Records excerpted from a collection:
====================

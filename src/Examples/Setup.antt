-- ===== src/Examples/Setup.antt =====
-- Channels that accept whatever is sent, a broker that takes every record and a small configuration,
-- to apply the statements about control-plane to.
use cria.Prelude.{
  ℕ, ◌+◌, String, refl, Bool, true, false, ◌&&◌, none, some, List, [], ◌∷◌, ◌++◌, ◌==◌, str_eq,
  if◌then◌else◌,
}
use cria.Table.{assoc_map}
use cria.HashMap
use cria.State
use cria.Streaming
use cria.Streaming.{Mpsc, StreamItem}
use cria.Config.{Config}
use cria.Pb.{InferenceRequest, CancelRequest}
use cria.Kafka.Messages.{Kafka, TokenEventEnvelope, TokenEventKind}
use cria.Kafka.Producer.{KafkaProducer}
use cria.Gateway.{Gateway}
use cria.Api.Begin.{Ambient}

pub record Channels : Type 0 where
  pub made : ℕ
  pub items : ℕ → List StreamItem

instance abbrev pub channels : Mpsc
channels = record {
  Net = Channels;
  opened = λ net. net.made;
  accepted = λ net i. net.items i;
  channel = λ capacity net. record {
    made = net.made + 1;
    items = λ i. if net.made == i then [] else net.items i;
  };
  send = λ net i x. (
    record net { items = λ j. if true && i == j then net.items j ++ x ∷ [] else net.items j },
    true,
  );
  closed_text = "channel closed";
  opened-channel = λ capacity net. refl;
  accepted-channel = λ capacity net i. refl;
  opened-send = λ net i x. refl;
  accepted-send = λ net i x j. refl;
}

abbrev pub token_event : String → TokenEventKind → ℕ → TokenEventEnvelope
token_event id kind n = record {
  request_id = id;
  sequence_number = n;
  token = "a";
  probability = 0;
  event_type = kind;
  worker_id = "w1";
  error_message = none;
  timestamp_ms = 7;
}

-- The broker that says of each record whether it is delivered.
abbrev broker_that : Bool → Kafka
broker_that answers = record {
  encode_job = λ job. some job.request_id;
  encode_cancellation = λ event. some event.request_id;
  parse_envelope =
      λ text. if str_eq text "" then none else some (token_event text TokenEventKind.token 1);
  delivers = λ sent r. answers;
}

instance abbrev pub broker : Kafka
broker = broker_that true

abbrev pub broken_broker : Kafka
broken_broker = broker_that false

abbrev pub config : Config
config = record {
  grpc_addr = "0.0.0.0:50051";
  bff_addr = "0.0.0.0:8080";
  metrics_addr = "0.0.0.0:9090";
  kafka_brokers = "localhost:9092";
  model_routes = HashMap.insert HashMap.empty "mock" "jobs";
  default_model_id = "mock";
  token_topic = "events";
  control_topic = "control";
  gateway_group_id = "gateway";
  max_active_requests = 2;
  max_prompt_chars = 10;
  default_max_tokens = 4;
  max_tokens_limit = 8;
  request_timeout_ms = 1000;
  grpc_tls_cert = none;
  grpc_tls_key = none;
  grpc_tls_client_ca = none;
  grpc_tls_require_client_auth = false;
}

abbrev pub producer : KafkaProducer
producer = record { request_topics = config.model_routes; control_topic = "control" }

abbrev pub no_channels : Channels
no_channels = record { made = 0; items = λ i. [] }

abbrev pub idle : Gateway
idle = record { state = State.new; streams = Streaming.new no_channels; metrics = []; sent = [] }

abbrev pub ambient : Ambient
ambient = record { uuid = "u1"; queued_at = 1; stamped_at = 2; failed_at = 3 }

abbrev pub asking : String → Bool → InferenceRequest
asking id again = record {
  request_id = id;
  prompt = " hi ";
  max_tokens = 0;
  sampling = none;
  deadline_ms = 0;
  stream_options = some (record { include_probabilities = false; replay_from_beginning = again });
  model_id = "";
}

-- One request is queued and its stream is registered.
abbrev pub busy : Gateway
busy = record idle {
  state = State.insert State.new (State.queued_record "r1" 1);
  streams = (Streaming.register (Streaming.new no_channels) "r1").0;
}

abbrev pub abort : String → CancelRequest
abort id = record { request_id = id; reason = "stop" }

-- A start, another request's token, a token and the end.
abbrev pub topic_events : List (TokenEventEnvelope × ℕ)
topic_events =
    (token_event "r1" TokenEventKind.started 0, 10)
    ∷ (token_event "r2" TokenEventKind.token 1, 11)
    ∷ (token_event "r1" TokenEventKind.token 1, 12)
    ∷ (token_event "r1" TokenEventKind.completed 1, 13)
    ∷ []
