-- ===== src/Examples/Service.antt =====
-- The gRPC service, on an idle gateway and on one with a queued request.
use cria.Prelude.{eq_iff, ◌+◌, ◌≡◌, refl, false, none, some, str_eq, arith, if◌then◌else◌}
use cria.Table.{assoc_map, find, put, without, count, tally}
use cria.Text.{trim, trim_start, trim_end, is_whitespace}
use cria.HashMap
use cria.Config.{request_topic_for_model}
use cria.State
use cria.State.{RequestRecord, RequestStatusInternal, queued_record}
use cria.Streaming
use cria.Streaming.{resource_exhausted, sender_of, event, not_found, already_exists, unavailable}
use cria.Telemetry.{calls, is_up, is_down}
use cria.Kafka.Messages.{stream_job_options, InferenceJob}
use cria.Kafka.Producer
use cria.Kafka.Producer.{produced, refused, not_delivered, produce_request, produce_cancellation}
use cria.Gateway.{Gateway}
use cria.Api.Begin.{
  rejected, enqueuing, status, job_of, chosen_id, chosen_model, wants_replay, normalize_max_tokens,
  admit, identify, submit_begin,
}
use cria.Api.Finish.{refusal, produce, submit}
use cria.Api.Admission.{IsAdmitted, submit_begin-IsAdmitted}
use cria.Api.Race.{submit-race}
use cria.Api.Failure.{failed_record, submit-refused}
use cria.Examples.Setup.{
  channels, broker, broken_broker, config, producer, idle, ambient, asking, busy,
}

abbrev pub job : InferenceJob
job = record {
  request_id = "r1";
  model_id = "mock";
  prompt = "hi";
  max_tokens = 4;
  sampling = none;
  stream_options = some (record { include_probabilities = false; replay_from_beginning = false });
  deadline_ms = 1000;
  timestamp_ms = 2;
}

pub job_begun : (submit_begin config idle (asking "r1" false) ambient).1 ≡ enqueuing job 0
unfolding submit_begin normalize_max_tokens identify admit job_of chosen_id chosen_model
    wants_replay trim trim_start trim_end is_whitespace State.active_count State.new count tally
    request_topic_for_model HashMap.get HashMap.insert HashMap.empty Streaming.register
    Streaming.new find put without stream_job_options
job_begun = refl

pub job_sent :
    (produce producer (submit_begin config idle (asking "r1" false) ambient).0 job).1 ≡ produced
unfolding produce produce_request find HashMap.insert HashMap.empty put without Producer.send
job_sent = refl

job_not_sent :
    (produce ⦃k = broken_broker⦄ producer
      (submit_begin config idle (asking "r1" false) ambient).0
      job).1
    ≡ refused not_delivered
unfolding produce produce_request find HashMap.insert HashMap.empty put without Producer.send
job_not_sent = refl

abbrev admitted_gateway : Gateway
admitted_gateway = (submit_begin config idle (asking "r1" false) ambient).0

submit_begin-IsAdmitted_example :
    IsAdmitted config idle (asking "r1" false) ambient admitted_gateway job 0
submit_begin-IsAdmitted_example =
    submit_begin-IsAdmitted config idle (asking "r1" false) ambient job 0 job_begun

submit-refused_example :
    let (g', answer) =
      submit ⦃k = broken_broker⦄ config producer idle (asking "r1" false) ambient in
    (answer ≡ refusal (status unavailable "failed to enqueue inference request"))
    × (State.get g'.state "r2" ≡ (
        if str_eq "r1" "r2"
        then some (failed_record "r1" "failed to enqueue inference request" 1 3)
        else State.get idle.state "r2"))
    × (sender_of g'.streams "r2" ≡ sender_of idle.streams "r2")
    × (calls is_up g'.metrics + calls is_down idle.metrics
        ≡ calls is_up idle.metrics + calls is_down g'.metrics)
submit-refused_example =
    submit-refused ⦃k = broken_broker⦄ config producer idle (asking "r1" false) ambient job 0
      not_delivered "r2" job_begun job_not_sent

-- One place is left below the limit of two.
second_begun :
    (submit_begin config busy (asking "r2" false) ambient).1
    ≡ enqueuing (record job { request_id = "r2" }) 1
unfolding submit_begin normalize_max_tokens identify admit job_of chosen_id chosen_model
    wants_replay trim trim_start trim_end is_whitespace State.active_count State.new State.insert
    State.queued_record count tally request_topic_for_model HashMap.get HashMap.insert HashMap.empty
    Streaming.register Streaming.new find put without stream_job_options
second_begun = refl

third_begun :
    (submit_begin config busy (asking "r3" false) ambient).1
    ≡ enqueuing (record job { request_id = "r3" }) 1
unfolding submit_begin normalize_max_tokens identify admit job_of chosen_id chosen_model
    wants_replay trim trim_start trim_end is_whitespace State.active_count State.new State.insert
    State.queued_record count tally request_topic_for_model HashMap.get HashMap.insert HashMap.empty
    Streaming.register Streaming.new find put without stream_job_options
third_begun = refl

one_place_left : State.active_count busy.state + 1 ≡ 2
unfolding State.active_count State.insert State.new queued_record count tally put without
one_place_left = refl

unknown_second : State.get busy.state "r2" ≡ none
unfolding State.get State.insert State.new queued_record find put without
unknown_second = refl

unknown_third : State.get busy.state "r3" ≡ none
unfolding State.get State.insert State.new queued_record find put without
unknown_third = refl

submit-race_example :
    let g' = (submit_begin config busy (asking "r2" false) ambient).0 in
    let (g'', begun) = admit g' (record job { request_id = "r3" }) ambient in
    ((submit_begin config g' (asking "r3" false) ambient).1
      ≡ rejected (status resource_exhausted "too many active requests"))
    × (begun ≡ enqueuing (record job { request_id = "r3" }) (channels.opened g'.streams.net))
    × (State.active_count g''.state ≡ 3)
submit-race_example =
    submit-race config busy (asking "r2" false) (asking "r3" false) ambient ambient
      (record job { request_id = "r2" }) (record job { request_id = "r3" }) 1 1 second_begun
      third_begun (λ same. ground (arith, (eq_iff "r2" "r3").1 same)) unknown_second unknown_third
      one_place_left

====================

DESCRIPTION OF THE TASK:
In the entries above, the lines between the one holding "request_timeout_ms = 1000;" and the one holding "TokenEventKind.completed 1, 13)", inclusive, are to be printed exactly as written, and those alone.

TASK SOLUTION:
  request_timeout_ms = 1000;
  grpc_tls_cert = none;
  grpc_tls_key = none;
  grpc_tls_client_ca = none;
  grpc_tls_require_client_auth = false;
}

abbrev pub producer : KafkaProducer
producer = record { request_topics = config.model_routes; control_topic = "control" }

abbrev pub no_channels : Channels
no_channels = record { made = 0; items = λ i. [] }

abbrev pub idle : Gateway
idle = record { state = State.new; streams = Streaming.new no_channels; metrics = []; sent = [] }

abbrev pub ambient : Ambient
ambient = record { uuid = "u1"; queued_at = 1; stamped_at = 2; failed_at = 3 }

abbrev pub asking : String → Bool → InferenceRequest
asking id again = record {
  request_id = id;
  prompt = " hi ";
  max_tokens = 0;
  sampling = none;
  deadline_ms = 0;
  stream_options = some (record { include_probabilities = false; replay_from_beginning = again });
  model_id = "";
}

-- One request is queued and its stream is registered.
abbrev pub busy : Gateway
busy = record idle {
  state = State.insert State.new (State.queued_record "r1" 1);
  streams = (Streaming.register (Streaming.new no_channels) "r1").0;
}

abbrev pub abort : String → CancelRequest
abort id = record { request_id = id; reason = "stop" }

-- A start, another request's token, a token and the end.
abbrev pub topic_events : List (TokenEventEnvelope × ℕ)
topic_events =
    (token_event "r1" TokenEventKind.started 0, 10)
    ∷ (token_event "r2" TokenEventKind.token 1, 11)
    ∷ (token_event "r1" TokenEventKind.token 1, 12)
    ∷ (token_event "r1" TokenEventKind.completed 1, 13)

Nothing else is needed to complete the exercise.